Dominican laity are also active in Mosul and Baghdad, being involved in family ministry, youth work, and pastoral work. Lay Dominican groups form wherever the Sisters are ministering. Whenever possible, the whole Dominican Family comes together for prayer and celebration.

In the declining years of the Ottoman Empire, the Dominicans suffered greatly, and several sisters suffered martyrdom. After the establishment of the Kingdom of Iraq in 1921 and especially when Iraq was declared a Republic in 1958, the Dominicans enjoyed greater freedom and protection, even under the regime of Saddam Hussein.

For over twelve years the Dominican family in Iraq was inescapably affected by the impact of UN-imposed sanctions. But even during those difficult times, they continued their ministry with confidence and irrepressible generosity, as several delegations of Dominicans from the United States and other countries discovered beginning in the late 1990s. Visits from the Masters opf the Order, Frs. Timothy Radcliffe and Carlos Azpiroz-Costa, buoyed their spirits and deeply impressed Dominicans throughout the world as they learned about the sisters and friars from the Masters’ letters and talks.

During the horrific bombardment and invasion in March and April of 2003, the sisters were able to remain in contact with friends in Rome and the United States, usually through the sisters living in Amman, Jordan, but sometimes directly by telephone and e-mail. Although frightened by the ferocity of the war and the ever-present danger of stray bombs, missiles, and shells, the Dominican family escaped personal injury.

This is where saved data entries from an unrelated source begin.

-- ===== src/Types/SetName/Parse.antt =====
-- `ParseSetName` of types/setname.go and `ParseSetRef` of types/setref.go. An error's text is not modelled.
use rpsl.Base.{
  ℕ, zero, suc, ◌+◌, ◌/◌, ◌%◌, Bool, true, false, not, ◌&&◌, ◌||◌, List, [], ◌∷◌, ◌++◌, map, Option,
  none, some, length, ◌==◌, ltb, if◌then◌else◌,
}
use rpsl.Lexer.Text.{Bytes, lower, trim_pos}
use rpsl.Types.Asn.{parse_asn}
use rpsl.Types.SetName.{
  SetName, SetClass, class_unknown, class_as_set, class_route_set, class_rtr_set, class_filter_set,
  class_peering_set, class_eq,
}
use rpsl.Types.SetRef.{SetRef, ref, upper_byte, new_set_ref, is_alnum}

-- `strconv.FormatUint` in base 10: as many digits as the fuel allows, ten for an AS number.
unfoldable pub decimal : ℕ → ℕ → Bytes
decimal zero n = []
decimal (suc fuel) n =
    let front = decimal fuel (n / 10) in
    if ltb n 10 then (b'0' + n) ∷ [] else front ++ (b'0' + n % 10) ∷ []

-- `ASN.String`
unfoldable pub asn_string : ℕ → Bytes
unfolding decimal
asn_string a = b'A' ∷ b'S' ∷ decimal 10 a

-- `strings.HasPrefix`
unfoldable pub has_prefix : Bytes → Bytes → Bool
has_prefix s [] = true
has_prefix [] (p ∷ ps) = false
has_prefix (c ∷ s) (p ∷ ps) = c == p && has_prefix s ps

-- No letter outside ASCII has one of the prefixes' letters as its lower case.
unfoldable pub component_class : Bytes → Option SetClass
unfolding has_prefix
component_class c =
    let lc = map lower c in
    if has_prefix lc (b'a' ∷ b's' ∷ b'-' ∷ [])
    then some class_as_set
    else if has_prefix lc (b'r' ∷ b's' ∷ b'-' ∷ [])
    then some class_route_set
    else if has_prefix lc (b'r' ∷ b't' ∷ b'r' ∷ b's' ∷ b'-' ∷ [])
    then some class_rtr_set
    else if has_prefix lc (b'f' ∷ b'l' ∷ b't' ∷ b'r' ∷ b'-' ∷ [])
    then some class_filter_set
    else if has_prefix lc (b'p' ∷ b'r' ∷ b'n' ∷ b'g' ∷ b'-' ∷ [])
    then some class_peering_set
    else none

-- The bytes of a set component, the last of them a letter or a digit. None is empty.
unfoldable pub valid_set_component : Bytes → Bool
valid_set_component [] = false
valid_set_component (b ∷ []) = is_alnum b
valid_set_component (b ∷ c ∷ s) =
    (is_alnum b || b == b'_' || b == b'-') && valid_set_component (c ∷ s)

unfoldable pub valid_asn_component : Bytes → Bool
valid_asn_component [] = true
valid_asn_component (b ∷ s) = (is_alnum b || b == b'.') && valid_asn_component s

abbrev pub max_set_name_len : ℕ
max_set_name_len = 1024

-- `strings.Split(t, ":")`: the component before the first colon, and those behind it.
unfoldable pub split_colon : Bytes → Bytes × List Bytes
split_colon [] = ([], [])
split_colon (c ∷ s) =
    let rest = split_colon s in if c == b':' then ([], rest.0 ∷ rest.1) else (c ∷ rest.0, rest.1)

-- `strings.Join(canon, ":")`, of a first component and the others.
unfoldable pub join_colon : Bytes → List Bytes → Bytes
join_colon p [] = p
join_colon p (q ∷ ps) = p ++ b':' ∷ join_colon q ps

-- What one component is in canonical form, and the class of the name with it.
unfoldable pub set_component : SetClass → SetClass → Bytes → Option (Bytes × SetClass)
unfolding valid_set_component
set_component class cls p =
    if not (valid_set_component p)
    then none
    else if not (class_eq class class_unknown) && not (class_eq cls class)
    then none
    else some (map upper_byte p, cls)

unfoldable pub asn_component : SetClass → Bytes → Option ℕ → Option (Bytes × SetClass)
unfolding valid_asn_component asn_string
asn_component class p none = none
asn_component class p (some a) = if valid_asn_component p then some (asn_string a, class) else none

unfoldable pub component : SetClass → Bytes → Option (Bytes × SetClass)
unfolding component_class set_component asn_component parse_asn
component class p = if length p == 0 then none else elim (component_class p) [
  | some cls ↦ set_component class cls p
  | none ↦ asn_component class p (parse_asn p)
]

-- The loop over the components.
unfoldable pub components : SetClass → List Bytes → Option (List Bytes × SetClass)
unfolding component
components class [] = some ([], class)
components class (p ∷ ps) = elim (component class p) [
  | none ↦ none
  | some (canon, class') ↦ elim (components class' ps) [
    | none ↦ none
    | some (canons, last) ↦ some (canon ∷ canons, last)
  ]
]

-- The name with the canonical components.
unfoldable pub named : Option (List Bytes × SetClass) → Option SetName
unfolding join_colon
named (some (p ∷ ps, class)) =
    if class_eq class class_unknown
    then none
    else some (record { canon = join_colon p ps; set_class = class })
named _ = none

unfoldable pub parse_set_name : Bytes → Option SetName
unfolding trim_pos split_colon components named
parse_set_name s =
    let t = (trim_pos s 0).0 in
    if length t == 0
    then none
    else if ltb max_set_name_len (length t)
    then none
    else (let (p, ps) = split_colon t in named (components class_unknown (p ∷ ps)))

-- `strings.Cut(t, "::")`
unfoldable pub cut_colons : Bytes → Option (Bytes × Bytes)
cut_colons [] = none
cut_colons (c ∷ []) = none
cut_colons (c ∷ d ∷ s) = elim (c == b':' && d == b':') [
  | true ↦ some ([], s)
  | false ↦ elim (cut_colons (d ∷ s)) [
    | none ↦ none
    | some (source, rest) ↦ some (c ∷ source, rest)
  ]
]

abbrev starts_blank : Bytes → Bool
starts_blank [] = true
starts_blank (c ∷ s) = c == b' ' || c == b'\t'

-- A reference with the text before `::` and that behind it.
unfoldable pub scoped_ref : Bytes → Bytes → Option SetRef
unfolding parse_set_name new_set_ref
scoped_ref source rest = if starts_blank rest then none else elim (parse_set_name rest) [
  | none ↦ none
  | some n ↦ if length source == 0 then none else new_set_ref source n
]

unfoldable pub parse_set_ref : Bytes → Option SetRef
unfolding trim_pos cut_colons scoped_ref parse_set_name
parse_set_ref s =
    let t = (trim_pos s 0).0 in
    elim (cut_colons t) [
      | some (source, rest) ↦ scoped_ref source rest
      | none ↦ elim (parse_set_name t) [ none ↦ none | some n ↦ some (ref n) ]
    ]
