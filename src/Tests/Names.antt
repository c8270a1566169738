-- ===== src/Tests/Names.antt =====
-- Names of sets and references to them, from their texts.
use rpsl.Base.{◌≡◌, refl, [], ◌∷◌, none, some}
use rpsl.Types.SetName.{SetName, class_as_set}
use rpsl.Types.SetName.Parse.{parse_set_name, parse_set_ref}

abbrev as_foo : SetName
as_foo = record { canon = b'A' ∷ b'S' ∷ b'-' ∷ b'F' ∷ b'O' ∷ b'O' ∷ []; set_class = class_as_set }

-- " as007:as-x ", "AS-", "as-a:rs-b", "as7" and "as-a::as-b"
parse_set_name_run :
    (parse_set_name
        (b' ' ∷ b'a' ∷ b's' ∷ b'0' ∷ b'0' ∷ b'7' ∷ b':' ∷ b'a' ∷ b's' ∷ b'-' ∷ b'x' ∷ b' ' ∷ [])
      ≡ some (record {
        canon = b'A' ∷ b'S' ∷ b'7' ∷ b':' ∷ b'A' ∷ b'S' ∷ b'-' ∷ b'X' ∷ [];
        set_class = class_as_set;
      }))
    × (parse_set_name (b'A' ∷ b'S' ∷ b'-' ∷ []) ≡ none)
    × (parse_set_name (b'a' ∷ b's' ∷ b'-' ∷ b'a' ∷ b':' ∷ b'r' ∷ b's' ∷ b'-' ∷ b'b' ∷ []) ≡ none)
    × (parse_set_name (b'a' ∷ b's' ∷ b'7' ∷ []) ≡ none)
    × (parse_set_name (b'a' ∷ b's' ∷ b'-' ∷ b'a' ∷ b':' ∷ b':' ∷ b'a' ∷ b's' ∷ b'-' ∷ b'b' ∷ [])
        ≡ none)
unfolding parse_set_name
parse_set_name_run = (refl, refl, refl, refl, refl)

-- "ripe::as-foo", "AS-FOO", "ripe:: as-foo" and "::as-foo"
parse_set_ref_run :
    (parse_set_ref
        (b'r' ∷ b'i' ∷ b'p' ∷ b'e' ∷ b':' ∷ b':' ∷ b'a' ∷ b's' ∷ b'-' ∷ b'f' ∷ b'o' ∷ b'o' ∷ [])
      ≡ some (record { source = b'R' ∷ b'I' ∷ b'P' ∷ b'E' ∷ []; name = as_foo }))
    × (parse_set_ref (b'A' ∷ b'S' ∷ b'-' ∷ b'F' ∷ b'O' ∷ b'O' ∷ [])
        ≡ some (record { source = []; name = as_foo }))
    × (parse_set_ref (
          b'r' ∷ b'i' ∷ b'p' ∷ b'e' ∷ b':' ∷ b':' ∷ b' ' ∷ b'a' ∷ b's' ∷ b'-' ∷ b'f' ∷ b'o' ∷ b'o'
          ∷ [])
        ≡ none)
    × (parse_set_ref (b':' ∷ b':' ∷ b'a' ∷ b's' ∷ b'-' ∷ b'f' ∷ b'o' ∷ b'o' ∷ []) ≡ none)
unfolding parse_set_ref
parse_set_ref_run = (refl, refl, refl, refl)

Both the sisters’ and the delegation reports of the suffering of the people, from the years of oppression the UN sanctions, and then during the war, have helped the world understand the dire plight of the civilian population of Iraq. More than one million Iraqis, most of them children, died as a direct result of the sanctions. Thousands more died during the Persian Gulf War and the recent war.

At the beginning of the Gulf War, Iraqi Christians numbered about a million. Many were allowed to migrate after sanctions were imposed, leaving about 750,000 in Iraq today, although estimates vary. The Catholic population is mainly concentrated in the northern area near Mosul, but many Catholics can be found in Baghdad and Basra. And where Catholics are found, Dominicans are found. And as Iraq is a young nation in terms of the population — almost half are under the age of 16 — Dominicans are also young and vital. Their presence will undoubtedly assist the Christian community and the country as a whole to recover from the years of political oppression, the suffering of the people under twelve years of sanctions, and the devastation of the recent war. As Iraqis are so fond of saying, Insh’Allah — God willing!


Dominican friar Richard Woods teaches in the theology department at Dominican University in River Forest, Illinois. In 2001, he traveled to Iraq with a delegation of Dominican sisters and laity to observe conditions under the sanctions, returning there just after the war iun 2003, and again in January 2004.